Closer to the market, the footpaths start to clog up with
pushcarts and blue polyethelne covered bamboo stalls, selling
stinking fish, pirate software, Thai fighting kites, mangos, cheap
pink coloured skillchips. Familiar odours from frying rice and human
sweat are combing with the thousand smells of market. He
moves through the thickening drops of the coming downpour,
impervious to the ninety-six percent humidy. Dusk and darker.
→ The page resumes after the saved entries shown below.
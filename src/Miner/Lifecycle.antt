-- ===== src/Miner/Lifecycle.antt =====
-- miner/multiminer.go: `Start`, `Stop` and the test for the stop at the head of the loop of `mine`, on
-- the two channels of the miner. A channel is nil, open or closed; closing one that is not open ends the
-- program, and a receive from a nil channel is never ready.
pub mod Laws
use sophon_miner.Prelude.{ℕ, ◌+◌, ◌-◌, ◌≡◌, ◌≤◌}

pub data Channel : Type 0 where
  nil_channel open_channel closed_channel : Channel

-- `m.stop` and `m.stopping`, and how many loops of `mine` run.
pub record Life : Type 0 where
  pub stop : Channel
  pub stopping : Channel
  pub loops : ℕ

pub data Called : Type 0 where
  done : Life → Called
  already_started : Called
  panics : Called

-- The miner that NewMiner makes.
abbrev pub new_life : Life
new_life = record { stop = nil_channel; stopping = nil_channel; loops = 0 }

-- `Start`, where the manager lists the miners.
start_on : Channel → Life → Called
start_on nil_channel l = done (record l { stop = open_channel; loops = l.loops + 1 })
start_on _ l = already_started

unfoldable pub start_mining : Life → Called
unfolding start_on
start_mining l = start_on l.stop l

-- `Stop` up to the wait for `m.stopping`.
stop_on : Channel → Life → Called
stop_on open_channel l = done (record l { stop = closed_channel; stopping = open_channel })
stop_on _ l = panics

unfoldable pub stop_mining : Life → Called
unfolding stop_on
stop_mining l = stop_on l.stop l

-- The head of the loop: with `m.stop` closed the loop clears both channels, closes `m.stopping` and
-- returns; else it goes on with its round.
close_stopping : Channel → Life → Called
close_stopping open_channel l =
    done (record { stop = nil_channel; stopping = nil_channel; loops = l.loops - 1 })
close_stopping _ l = panics

loop_on : Channel → Life → Called
unfolding close_stopping
loop_on closed_channel l = close_stopping l.stopping l
loop_on _ l = done l

unfoldable pub loop_head : Life → Called
unfolding loop_on
loop_head l = loop_on l.stop l

-- What can happen to the miner: a call, or a turn of one of its loops.
pub data Happens : Life → Life → Type 0 where
  starts : (l l' : Life) → start_mining l ≡ done l' → Happens l l'
  stops : (l l' : Life) → stop_mining l ≡ done l' → Happens l l'
  turns : (l l' : Life) → 1 ≤ l.loops → loop_head l ≡ done l' → Happens l l'

-- The states that a new miner can come to.
pub data Reached : Life → Type 0 where
  at_first : Reached new_life
  then_happens : {l l' : Life} → Reached l → Happens l l' → Reached l'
As the
overcast begins to turn its nightly pinkinsh-brown, Jimmy finds
temporary shelter under the soot-blackened awning of an ancient,
wheel-less passenger bus, faded lettering hinting at the unfulfillable
promise of of hot dogs made with real meat. A twisted old woman
grins toothlessly at him, urging something putrid rapped in brown
bananna leaves on him. The rain isn't going to subside. Hungry, he
pulls the hood of his torn wind-cheater over his close shaven,
pigtailed head and plunges out into the crowd.
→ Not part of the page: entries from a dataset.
-- ===== src/Miner/Lifecycle/Laws.antt =====
-- miner/multiminer.go: what holds of every miner that is started and stopped.
use sophon_miner.Miner.Lifecycle.{
  Called, Happens, Life, Reached, already_started, at_first, closed_channel, done, loop_head,
  new_life, nil_channel, open_channel, panics, start_mining, starts, stop_mining, stops,
  then_happens, turns,
}
use sophon_miner.Prelude.{ap, arith, inl, inr, refl, sym, ◌↔◌, ◌≡◌, ◌≢◌, ◌≤◌, ◌⊎◌}

abbrev pub mining_life : Life
mining_life = record { stop = open_channel; stopping = nil_channel; loops = 1 }

abbrev pub ending_life : Life
ending_life = record { stop = closed_channel; stopping = open_channel; loops = 1 }

-- The three states of a miner: not started, mining, asked to stop.
abbrev pub IsKnown : Life → Type 0
IsKnown l = (l ≡ new_life) ⊎ (l ≡ mining_life) ⊎ (l ≡ ending_life)

life_of : Called → Life → Life
life_of (done l) other = l
life_of _ other = other

done-injective : (a b : Life) → done a ≡ done b → b ≡ a
unfolding life_of
done-injective a b h = sym (ap (λ c. life_of c a) h)

start_mining-IsKnown : (l l' : Life) → IsKnown l → start_mining l ≡ done l' → IsKnown l'
unfolding start_mining
start_mining-IsKnown l l' (inl e) h = inr (inl (done-injective mining_life l' (rw e at h)))
start_mining-IsKnown l l' (inr (inl e)) h = let made : already_started ≡ done l' = rw e at h in cc
start_mining-IsKnown l l' (inr (inr e)) h = let made : already_started ≡ done l' = rw e at h in cc

stop_mining-IsKnown : (l l' : Life) → IsKnown l → stop_mining l ≡ done l' → IsKnown l'
unfolding stop_mining
stop_mining-IsKnown l l' (inl e) h = let made : panics ≡ done l' = rw e at h in cc
stop_mining-IsKnown l l' (inr (inl e)) h = inr (inr (done-injective ending_life l' (rw e at h)))
stop_mining-IsKnown l l' (inr (inr e)) h = let made : panics ≡ done l' = rw e at h in cc

loop_head-IsKnown : (l l' : Life) → IsKnown l → loop_head l ≡ done l' → IsKnown l'
unfolding loop_head
loop_head-IsKnown l l' (inl e) h = inl (done-injective new_life l' (rw e at h))
loop_head-IsKnown l l' (inr (inl e)) h = inr (inl (done-injective mining_life l' (rw e at h)))
loop_head-IsKnown l l' (inr (inr e)) h = inl (done-injective new_life l' (rw e at h))

Happens-IsKnown : (l l' : Life) → IsKnown l → Happens l l' → IsKnown l'
Happens-IsKnown l l' k (starts _ _ h) = start_mining-IsKnown l l' k h
Happens-IsKnown l l' k (stops _ _ h) = stop_mining-IsKnown l l' k h
Happens-IsKnown l l' k (turns _ _ live h) = loop_head-IsKnown l l' k h

Reached-IsKnown : (l : Life) → Reached l → IsKnown l
Reached-IsKnown l at_first = inl refl
Reached-IsKnown l (then_happens {l = before} r step) =
    Happens-IsKnown before l (Reached-IsKnown before r) step

-- What the states of a miner keep to.
abbrev pub IsOrderly : Life → Type 0
IsOrderly l =
    (l.loops ≤ 1)
    × (loop_head l ≢ panics)
    × ((stop_mining l ≡ panics) ↔ (l.stop ≢ open_channel))
    × ((l' : Life) → stop_mining l ≡ done l' → loop_head l' ≡ done new_life)

known-IsOrderly : (l : Life) → IsKnown l → IsOrderly l
unfolding loop_head stop_mining
known-IsOrderly l (inl e) = rw e (omega arith, (λ h. cc), ((λ h q. cc), (λ h. refl)), λ l' h. cc)
known-IsOrderly l (inr (inl e)) = rw e (
  omega arith,
  (λ h. cc),
  ((λ h q. cc), (λ h. absurd (h refl))),
  λ l' h. rw (done-injective ending_life l' h) refl,
)
known-IsOrderly l (inr (inr e)) =
    rw e (omega arith, (λ h. cc), ((λ h q. cc), (λ h. refl)), λ l' h. cc)

-- However a miner is started and stopped, and however its loop interleaves with the calls: at most one
-- loop mines; the loop never closes a channel that is not open; `Stop` ends the program exactly where
-- the miner is not mining, or was asked to stop already; and after any other `Stop`, the next turn of
-- the loop ends it and leaves a miner that can be started again.
pub Reached-IsOrderly : (l : Life) → Reached l → IsOrderly l
Reached-IsOrderly l r = known-IsOrderly l (Reached-IsKnown l r)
As he weaves, he begs Sifu, the Tao, to afford insight to his
body's street consciousness.
Something had been coming down all day. He'd smelt it in the
air when he'd woken that morning, tasted it in his bottled breakfast
water. It made him superstitious, jittery. He's tried to trust
these feelings; make the unconscious work for him,. but not today
Nothing had happened, at his workout, at Chens, on Boogie and
Bencoolen streets looking for work. And the longer nothing happend,
the jumpier he got. By now his nerves are twangy as a koto, and he
wants a shot of Smash to calm him down. But the Life forbids it.
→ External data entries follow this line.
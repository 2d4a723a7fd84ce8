-- ===== src/Miner/Winner/Laws.antt =====
-- miner/util.go, `IsRoundWinner`: when a miner is a winner.
use sophon_miner.Miner.Winner.{
  BeaconEntry, ElectionProof, MiningBaseInfo, Wallet, bls, bls_content, compute_vrf,
  draw_random_param, election, election_proof_production, is_round_winner,
}
use sophon_miner.Prelude.{>>=-eq-ok, String, [], ap, arith, ok, some, ◌∙◌, ◌∷◌, ◌≡◌}
use sophon_miner.Prelude.Int.{pos, ◌≤ℤ◌}
use sophon_miner.Types.{Address, Bytes, ChainEpoch}

module _ (w : Wallet) where
  -- A VRF output is the content of a BLS signature by the worker.
  compute_vrf-ok :
      (account : String) (worker : Address) (input v : Bytes)
      → compute_vrf w account worker input ≡ ok v
      → w.sign worker (account ∷ []) input draw_random_param
        ≡ ok (record { sig_type = bls; content = v })
  unfolding compute_vrf
  compute_vrf-ok account worker input v h =
      let (sig, signed, q) =
        >>=-eq-ok (w.sign worker (account ∷ []) input draw_random_param) (bls_content w) h in
      signed ∙ ap ok (ground arith)

  election-some :
      (mbi : MiningBaseInfo) (vrf : Bytes) (ep : ElectionProof)
      → election w mbi vrf ≡ some ep
      → (pos 1 ≤ℤ ep.win_count)
        × (ep.win_count ≡ w.compute_win_count vrf mbi.miner_power mbi.network_power)
        × (ep.vrf_proof ≡ vrf)
  unfolding election
  election-some mbi vrf ep h = ground arith

  -- A miner that wins the round has a win count of at least one, that of its VRF output, which is a
  -- BLS signature by its worker.
  pub is_round_winner-some :
      (round : ChainEpoch) (account : String) (miner : Address) (brand : BeaconEntry)
      (mbi : MiningBaseInfo) (ep : ElectionProof)
      → is_round_winner w round account miner brand mbi ≡ ok (some ep)
      → (pos 1 ≤ℤ ep.win_count)
        × (ep.win_count ≡ w.compute_win_count ep.vrf_proof mbi.miner_power mbi.network_power)
        × ((input : Bytes) × (w.sign mbi.worker_key (account ∷ []) input draw_random_param
              ≡ ok (record { sig_type = bls; content = ep.vrf_proof })))
  unfolding is_round_winner
  is_round_winner-some round account miner brand mbi ep h =
      let (entropy, _, h1) = >>=-eq-ok (w.marshal_address miner) _ h in
      let (input, _, h2) =
        >>=-eq-ok
          (w.marshal_params (record {
            rbase = brand.content;
            pers = election_proof_production;
            round = round;
            entropy = entropy;
          }))
          _ h1 in
      let (vrf, out, h3) = >>=-eq-ok (compute_vrf w account mbi.worker_key input) _ h2 in
      let elected : election w mbi vrf ≡ some ep = ground arith in
      let (positive, counted, proof) = election-some mbi vrf ep elected in
      (
        positive,
        rw proof counted,
        (input, rw proof (compute_vrf-ok account mbi.worker_key input vrf out)),
      )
The rain is heavy enough for him to opt for the covered end
of Theives'; but so has everybody else. He tramps around in the mud
under leaking canvas trimmed with neon rope and flouros for ten
minutes, before tripping on a mud covered power cable and hitting
the sludge face first. The mud is not smooth. It is grainy and veined
with countless scraps of vegetable, corrugated cardboard and fibrous
plastic string.. He comes up furious with his own clumsiness,
but there's no-one to direct his anger toward. He disciplines himself,
fighting the urge to yank the cable to pieces. He heads up into
cubist concrete; an old-style city carpark, covered in years of
moss, posters, graffiti and chewing gum. There'll be less mud
inside, at least.
He's looking amongst the insane complexity of a zillion stalls,
barrows, trishaws, and tables for that one token, that one clue
as to what's gone wrong in his life. Perhaps it was here,
in this side mirror from a rusted petrol motoped, or here, in this
laser-etched pendant. He could handle murder and mayhem, brutality
and blackmail, because when those things had happend to him; he'd
been able to pin it on someone, find a foil for his anger. He'd hit
hard, his training coming easily and effortlessly into play, slaking his
frustration in those moments when he'd felt the battle turn in his
favour, smelled the enemy fall, tasted his inert body on the pavement.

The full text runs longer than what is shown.